### Problem description
Show every line in the records below that contains the word "negsuc".

### Recorded data
-- ===== src/Float/Fixed.antt =====
-- Fixed-point numbers with four decimals: an instance of `Float` on which the definitions run, and
-- which shows that the laws of `IsIeee` can be met.
use market_app.Prelude.{
  ℕ, suc, ◌+◌, ◌*◌, ◌/◌, ◌^◌, ◌≤◌, ◌<◌, refl, true, some, List, [], ◌∷◌, arith,
}
use market_app.Prelude.Int.{ℤ, pos, negsuc, pos_part, neg_part, sub_ℕ, leb_ℤ, ltb_ℤ}
use market_app.Float.{Float, IsIeee, ◌≼◌, ◌≺◌, nought, one, mul, quot}

abbrev pub Fixed : Type 0
Fixed = ℤ

abbrev scale : ℕ
scale = 10_000

-- `on_parts f x y` is `f` of the magnitudes, with the sign of a product.
abbrev on_parts : (ℕ → ℕ → ℕ) → ℤ → ℤ → ℤ
on_parts f (pos a) (pos b) = pos (f a b)
on_parts f (pos a) (negsuc b) = sub_ℕ 0 (f a (suc b))
on_parts f (negsuc a) (pos b) = sub_ℕ 0 (f (suc a) b)
on_parts f (negsuc a) (negsuc b) = pos (f (suc a) (suc b))

abbrev mul_scaled : ℕ → ℕ → ℕ
mul_scaled a b = a * b / 10_000

abbrev div_scaled : ℕ → ℕ → ℕ
div_scaled a b = a * 10_000 / b

abbrev magnitude : ℤ → ℤ
magnitude (pos n) = pos n
magnitude (negsuc n) = pos (suc n)

abbrev truncate : ℤ → ℤ
truncate (pos n) = pos (n / 10_000)
truncate (negsuc n) = sub_ℕ 0 (suc n / 10_000)

abbrev whole : ℤ → ℤ
whole (pos n) = pos (n * 10_000)
whole (negsuc n) = sub_ℕ 0 (suc n * 10_000)

abbrev plus : ℤ → ℤ → ℤ
plus a b = sub_ℕ (pos_part a + pos_part b) (neg_part a + neg_part b)

abbrev minus : ℤ → ℤ → ℤ
minus a b = sub_ℕ (pos_part a + neg_part b) (neg_part a + pos_part b)

abbrev total : List ℤ → ℤ
total [] = pos 0
total (x ∷ xs) = plus x (total xs)

instance abbrev pub fixed_float : Float Fixed
fixed_float = record {
  lt_op = ltb_ℤ;
  le_op = leb_ℤ;
  add_op = plus;
  sub_op = minus;
  mul_op = on_parts mul_scaled;
  div_op = on_parts div_scaled;
  neg_op = minus (pos 0);
  abs_op = magnitude;
  finite_op = λ x. true;
  sum_op = total;
  int_op = λ x. some (truncate x);
  of_int_op = whole;
  literal_op = λ n k. pos (n * 10_000 / 10 ^ k);
}

mul_scaled-le : (a b : ℕ) → b ≤ 10_000 → mul_scaled a b ≤ a
mul_scaled-le a b h = grind arith

div_scaled-le : (a b : ℕ) → 0 < b → a ≤ b → div_scaled a b ≤ 10_000
div_scaled-le a b p h = grind arith

mul_unit : (x y : Fixed) → nought ≼ x → nought ≼ y → y ≼ one → (nought ≼ mul x y) × (mul x y ≼ x)
mul_unit (pos a) (pos b) hx hy h = ground (arith, mul_scaled-le a b)
mul_unit x y hx hy h = ground arith

div_unit : (x y : Fixed) → nought ≼ x → x ≼ y → nought ≺ y → (nought ≼ quot x y) × (quot x y ≼ one)
div_unit (pos a) (pos b) hx h p = ground (arith, div_scaled-le a b)
div_unit x y hx h p = ground arith

pub Fixed-IsIeee : IsIeee Fixed
Fixed-IsIeee = record {
  finite_number = λ x h. ground arith;
  le_numbers = λ x y h. ground arith;
  lt_numbers = λ x y h. ground arith;
  lt-not-le = λ x y h k. ground arith;
  le_trans = λ x y z h k. ground arith;
  le_total = λ x y h k. ground arith;
  finite_below = λ x y h k l. refl;
  nought_number = refl;
  abs_abs = λ x. ground arith;
  abs_number = λ x h. ground arith;
  sub_nonneg = λ x y h k. ground arith;
  sub_self = λ x h. ground arith;
  add_nonneg = λ x y h k. ground arith;
  sub_pos = λ x y h k l. ground arith;
  sub_finite_unit = λ x y h k l. refl;
  sub_mono_left = λ x y z h k l m. ground arith;
  one_sub_unit = λ x h k. ground arith;
  mul_unit = λ x y f. mul_unit x y;
  div_unit = λ x y f. div_unit x y;
}
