-- ===== src/Aggregator/Window.antt =====
-- services/signal-aggregator/src/core/service.py: the handlers, and the window in which the components
-- of one decision meet. `pending` holds the symbols whose window is open.
pub mod Coalesce
use Prim.Native.String
use market_app.Prelude.{
  ℕ, String, Bool, true, false, ◌||◌, Option, none, some, List, [], ◌∷◌, ◌++◌, if◌then◌else◌, ◌==◌,
  String_eq,
}
use market_app.Prelude.Act.{Outcome, done, raised, Act, ◌>>=◌, ◌>>◌, pure, modify}
use market_app.Prelude.Dict.{Dict, get, put}
use market_app.Prelude.Int.{ℤ}
use market_app.Float.{Float, le, nought}
use market_app.Aggregator.Vote.{SignalComponent, regime_to_component}
use market_app.Aggregator.Weights.{Elementary}
use market_app.Aggregator.Service.{
  BufferedSignal, BufferedMlSignal, AggregationResult, Service, Env, aggregate_symbol,
}

-- The service with its tasks.
pub record Window (F : Type 0) : Type 0 where
  pub service : Service F
  pub join_window_s : F
  pub pending : List String

-- `SignalGeneratedEvent`, of which `source_name` is the weighting source of the strategy.
pub record SignalGenerated (F : Type 0) : Type 0 where
  pub symbol : String
  pub strategy_name : String
  pub signal : String
  pub confidence : F
  pub price : F
  pub stop_loss : Option F
  pub take_profit : Option F
  pub timestamp : ℤ

pub record MlSignalGenerated (F : Type 0) : Type 0 where
  pub symbol : String
  pub signal : String
  pub confidence : F
  pub timestamp : ℤ

abbrev pub is_pending : String → List String → Bool
is_pending symbol [] = false
is_pending symbol (x ∷ xs) = x == symbol || is_pending symbol xs

abbrev pub without : String → List String → List String
without symbol [] = []
without symbol (x ∷ xs) = let rest = without symbol xs in if x == symbol then rest else x ∷ rest

abbrev pub strategy_source : String → String
strategy_source name = String.◌++◌ "strategy:" name

abbrev pub symbols_of : {V : Type 0} → Dict String V → List String
symbols_of [] = []
symbols_of ((symbol, v) ∷ d) = symbol ∷ symbols_of d

abbrev pub dropped : {A : Type 0} → Outcome A → Outcome (Unit {0})
dropped (done a) = done tt
dropped raised = raised

module _ {F : Type 0} where
  abbrev pub buffered : SignalGenerated F → BufferedSignal F
  buffered e = record {
    component = record {
      source = strategy_source e.strategy_name;
      signal = e.signal;
      confidence = e.confidence;
    };
    price = some e.price;
    stop_loss = e.stop_loss;
    take_profit = e.take_profit;
    strategy_name = e.strategy_name;
    at = e.timestamp;
  }

  abbrev pub entries_at : String → Service F → Dict String (BufferedSignal F)
  entries_at symbol s = elim (get symbol s.buffer) [ none ↦ [] | some d ↦ d ]

  unfoldable pub buffer_signal : SignalGenerated F → Service F → Service F
  buffer_signal e s = record s {
    buffer = put e.symbol (put e.strategy_name (buffered e) (entries_at e.symbol s)) s.buffer;
  }

  unfoldable pub buffer_ml : MlSignalGenerated F → Service F → Service F
  buffer_ml e s = record s {
    ml_buffer =
        put e.symbol
          (record {
            component = record { source = "ml"; signal = e.signal; confidence = e.confidence };
            at = e.timestamp;
          })
          s.ml_buffer;
  }

module _ {F : Type 0} ⦃fl : Float F⦄ ⦃el : Elementary F⦄ where
  unfoldable pub schedule_decision : Env F → String → Act (Window F) (Unit {0})
  schedule_decision env symbol w =
      let (result, s') = aggregate_symbol env symbol w.service in
      if le w.join_window_s nought
      then (dropped result, record w { service = s' })
      else if is_pending symbol w.pending
      then (done tt, w)
      else (done tt, record w { pending = w.pending ++ symbol ∷ [] })

  -- `_decide_after_window`, once the window is over; an exception is logged and dropped.
  unfoldable pub decide_after_window : Env F → String → Window F → Window F
  decide_after_window env symbol w = record w {
    service = (aggregate_symbol env symbol w.service).1;
    pending = without symbol w.pending;
  }

  unfoldable pub handle_signal_generated : Env F → SignalGenerated F → Act (Window F) (Unit {0})
  handle_signal_generated env e w =
      schedule_decision env e.symbol (record w { service = buffer_signal e w.service })

  unfoldable pub handle_ml_signal : Env F → MlSignalGenerated F → Act (Window F) (Unit {0})
  handle_ml_signal env e w =
      schedule_decision env e.symbol (record w { service = buffer_ml e w.service })

  unfoldable pub schedule_all : Env F → List String → Act (Window F) (Unit {0})
  schedule_all env [] = pure tt
  schedule_all env (symbol ∷ rest) = do schedule_decision env symbol; schedule_all env rest

  unfoldable pub handle_regime_changed : Env F → String → Act (Window F) (Unit {0})
  handle_regime_changed env new_regime w =
      schedule_all env (symbols_of w.service.buffer)
        (record w { service = record w.service { macro_bias = regime_to_component new_regime } })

### Answer to this task
use market_app.Prelude.Int.{ℤ, pos, negsuc, pos_part, neg_part, sub_ℕ, leb_ℤ, ltb_ℤ}
on_parts f (pos a) (negsuc b) = sub_ℕ 0 (f a (suc b))
on_parts f (negsuc a) (pos b) = sub_ℕ 0 (f (suc a) b)
on_parts f (negsuc a) (negsuc b) = pos (f (suc a) (suc b))
magnitude (negsuc n) = pos (suc n)
truncate (negsuc n) = sub_ℕ 0 (suc n / 10_000)
whole (negsuc n) = sub_ℕ 0 (suc n * 10_000)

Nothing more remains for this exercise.